Is Albo an electoral dead duck or are the polls shot?

Peter Switzer
25 February 2025

In the morning, respected SMH journalist David Crowe ran with the story that “Dutton leads, Labor on course for election defeat, according to shock poll”.

In what looked like a huge rejection of Labor and Anthony Albanese, with voters not influenced by the overdue interest rate cut, the numbers were terrible for the Government. “The shift has taken the Coalition to a lead of 55 per cent in two-party terms when Australians are asked how they would allocate their preferences on their ballot papers, driving Labor to just 45 per cent and putting it on course for defeat,” Crow reported, in looking at the Resolve Political Monitor, which was exclusive to Nine newspaper outlets.

In years gone by, I’ve often ignored the two party preferred polls as being unreliable, but who’s the preferred PM is the one that I think says the most about how we Aussies are thinking ahead of polling day.

“Dutton leads as preferred prime minister for the second consecutive month, ahead by 39 per cent to 35 per cent against Albanese, although 26 per cent of voters are undecided on this question,” Crowe revealed. “Asked which side offered strong leadership, 37 per cent name Dutton and the Coalition while 24 per cent name Albanese and Labor, a turnaround from when the prime minister led on this question one year ago.”

That was Monday morning. In the afternoon, the Roy Morgan Poll was released and this was the headline: “ALP takes lead on two-party preferred after Reserve Bank cuts interest rates: ALP 51% cf. L-NP 49%”!

That was my explanation mark but, given the contradictory polls, I was very gobsmacked.

Interestingly, the Resolve Poll actually looked at the impact of the rate cut last week, and this is what Crowe found and reported: “In a warning sign for Prime Minister Anthony Albanese, an exclusive survey also shows that 59 per cent of voters say the good news for the government last week – when the Reserve Bank cut interest rates – will not change their vote.”

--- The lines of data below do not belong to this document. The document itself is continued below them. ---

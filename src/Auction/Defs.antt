-- ===== src/Auction/Defs.antt =====
-- The code of auction.rs. The bid channel and its deadline are the sequence of what the polls of
-- `timeout_at(deadline, rx.recv())` return.
use Prim.Native.Nat.{compare, Ordering}
use coordinator.Base.{
  ℕ, List, [], ◌∷◌, Text, Option, none, some, ◌==◌, text_eq, codes, if◌then◌else◌,
}
use coordinator.Base.Map.{Map, get, insert}
use coordinator.Protocol.Types.{F32, InferenceBid}
use coordinator.Auction.Float.{Float, greater, clamp}

-- `DEFAULT_AUCTION_WINDOW`, in milliseconds.
abbrev pub default_auction_window : ℕ
default_auction_window = 1500

abbrev pub WarmthMap : Type 0
WarmthMap = Map Text F32

-- One round of the loop of `collect_bids`: a bid, the sender closed, or the deadline reached.
pub data Poll : Type 0 where
  received : InferenceBid → Poll
  closed elapsed : Poll

-- The end of the sequence stands for the deadline, which comes at last.
unfoldable pub collect_bids : List Poll → List InferenceBid
collect_bids [] = []
collect_bids (received bid ∷ rest) = bid ∷ collect_bids rest
collect_bids (closed ∷ rest) = []
collect_bids (elapsed ∷ rest) = []

abbrev pub unwrap_or {ℓ} : {A : Type ℓ} → A → Option A → A
unwrap_or d none = d
unwrap_or d (some a) = a

-- `match o { Equal => next, other => other }`.
abbrev pub or_else : Ordering → Ordering → Ordering
or_else Ordering.eq next = next
or_else Ordering.lt next = Ordering.lt
or_else Ordering.gt next = Ordering.gt

-- The choice of `max_by` between the best so far and the next.
abbrev pub stays : Ordering → InferenceBid → InferenceBid → InferenceBid
stays Ordering.gt best bid = best
stays Ordering.lt best bid = bid
stays Ordering.eq best bid = bid

module _ (f : Float) where
  abbrev pub weight_price : F32
  weight_price = f.literal 4 10

  abbrev pub weight_latency : F32
  weight_latency = f.literal 3 10

  abbrev pub weight_reputation : F32
  weight_reputation = f.literal 3 10

  abbrev pub weight_price_w : F32
  weight_price_w = f.literal 35 100

  abbrev pub weight_latency_w : F32
  weight_latency_w = f.literal 25 100

  abbrev pub weight_reputation_w : F32
  weight_reputation_w = f.literal 25 100

  abbrev pub weight_warmth : F32
  weight_warmth = f.literal 15 100

  unfoldable pub warmth_for_tier : Text → F32
  warmth_for_tier tier =
      if tier == codes "gpu"
      then f.literal 1 1
      else if tier == codes "cpu"
      then f.literal 7 10
      else if tier == codes "disk"
      then f.literal 4 10
      else f.literal 0 1

  -- `if v > 0.0 { 1.0 / v } else { 0.0 }`.
  abbrev inverse : F32 → F32
  inverse v = if greater f v (f.literal 0 1) then f.div (f.literal 1 1) v else f.literal 0 1

  unfoldable pub score_bid : InferenceBid → F32
  score_bid bid =
      f.add
        (f.add (f.mul weight_price (inverse (f.of_int bid.price_per_1k)))
          (f.mul weight_latency (inverse (f.of_int bid.latency_ms))))
        (f.mul weight_reputation bid.reputation)

  unfoldable pub score_bid_with_warmth : InferenceBid → F32 → F32
  score_bid_with_warmth bid warmth =
      f.add
        (f.add
          (f.add (f.mul weight_price_w (inverse (f.of_int bid.price_per_1k)))
            (f.mul weight_latency_w (inverse (f.of_int bid.latency_ms))))
          (f.mul weight_reputation_w bid.reputation))
        (f.mul weight_warmth (clamp f warmth (f.literal 0 1) (f.literal 1 1)))

  -- The score under which a bid takes part: the node's warmth, or 0 where the map has none.
  abbrev pub score_in : WarmthMap → InferenceBid → F32
  score_in warmth_map bid =
      score_bid_with_warmth bid (unwrap_or (f.literal 0 1) (get bid.node_peer_id warmth_map))

  -- The closure that `pick_winner_with_warmth` hands to `max_by`.
  unfoldable pub compare_bids : WarmthMap → InferenceBid → InferenceBid → Ordering
  compare_bids warmth_map a b =
      or_else
        (unwrap_or Ordering.eq (f.partial_cmp (score_in warmth_map a) (score_in warmth_map b)))
        (or_else (compare b.price_per_1k a.price_per_1k) (compare b.latency_ms a.latency_ms))

  -- `Iterator::max_by`: of two that compare equal the later one stays.
  unfoldable pub max_from : WarmthMap → InferenceBid → List InferenceBid → InferenceBid
  max_from warmth_map best [] = best
  max_from warmth_map best (bid ∷ bids) =
      max_from warmth_map (stays (compare_bids warmth_map best bid) best bid) bids

  unfoldable pub pick_winner_with_warmth : List InferenceBid → WarmthMap → Option InferenceBid
  unfolding max_from
  pick_winner_with_warmth [] warmth_map = none
  pick_winner_with_warmth (bid ∷ bids) warmth_map = some (max_from warmth_map bid bids)

  unfoldable pub pick_winner : List InferenceBid → Option InferenceBid
  unfolding pick_winner_with_warmth
  pick_winner bids = pick_winner_with_warmth bids []

  -- The rows of `SELECT node_peer_id, cache_tier`, gathered into the map; a later row of a node
  -- replaces an earlier one.
  abbrev pub collect_rows : List (Text × Text) → WarmthMap → WarmthMap
  collect_rows [] m = m
  collect_rows ((peer, tier) ∷ rows) m = collect_rows rows (insert peer (warmth_for_tier tier) m)

  -- `none` stands for a coordinator without a pool, and for a query that failed.
  unfoldable pub fetch_warmth_map : Option (List (Text × Text)) → WarmthMap
  fetch_warmth_map none = []
  fetch_warmth_map (some rows) = collect_rows rows []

The Roy Morgan press release came out with the following:

  1. If a Federal Election were held now, the result would be a hung parliament with the ALP on 51% (up 2.5%) just ahead of the LNP Coalition on 49% (down 2.5%) on a two-party preferred basis.
  2. The ALP, or LNP Coalition, would require the support of minor parties and independents to form a government, the latest Roy Morgan survey finds.
  3. Roy Morgan Government Confidence Rating increased 5 points to 85, with 34.5% (up 2%) of Australians saying the country is ‘going in the right direction’ compared to 49.5% (down 3%) that say the country is ‘going in the wrong direction’.
  4. This was the highest Roy Morgan Government Confidence Rating for over a year since January 2024.

In the morning, we were looking at a new PM called Peter Dutton but, by the afternoon, it looked like Albo would get a second term. Ultimately, the real poll will be a test for these pre-election, private polling businesses that of late haven’t impressed those who have relied on them in the past.

On the US election, this is what BBC reported after the event: “For much of the 2024 US presidential campaign, polls and pundits rated the race too close to call. Then Donald Trump delivered a commanding victory over Kamala Harris, winning at least five battleground states, and performing unexpectedly well in other places.”

The BBC was completely honest in admitting that “ahead of the results, media outlets, including the BBC, warned that despite the close race in the polls, it could end up looking like a landslide for either candidate, given the margin of error”.

Why are polls unreliable nowadays? Some say many voters don’t like to reveal their leaning to the right until they’re in the polling booths, while many pollsters have also shifted to using online surveys, the BBC notes, “but experts said those were known for being unreliable” and left leaning because of a younger bias.

Elections are historically negative for the stock market but there can be a nice bounce, if the result indicates that one side has the political numbers to do what they’ve promised.

Over the weekend, Germany went to the right but not the far right AfD party, but it did register a 10-point gain on its numbers of four year ago, and it’s now the second biggest party in Germany.

Throw in the US move to the right, it augurs well for Peter Dutton and the Coalition, and the findings of the Resolve polling. But as John O’Grady once observed about Aussies in a book of the same name: ‘They’re a Weird Mob”. So, PM Albanese can live in hope that Roy Morgan’s survey team is on the money and he’s not a dead ducking quacking.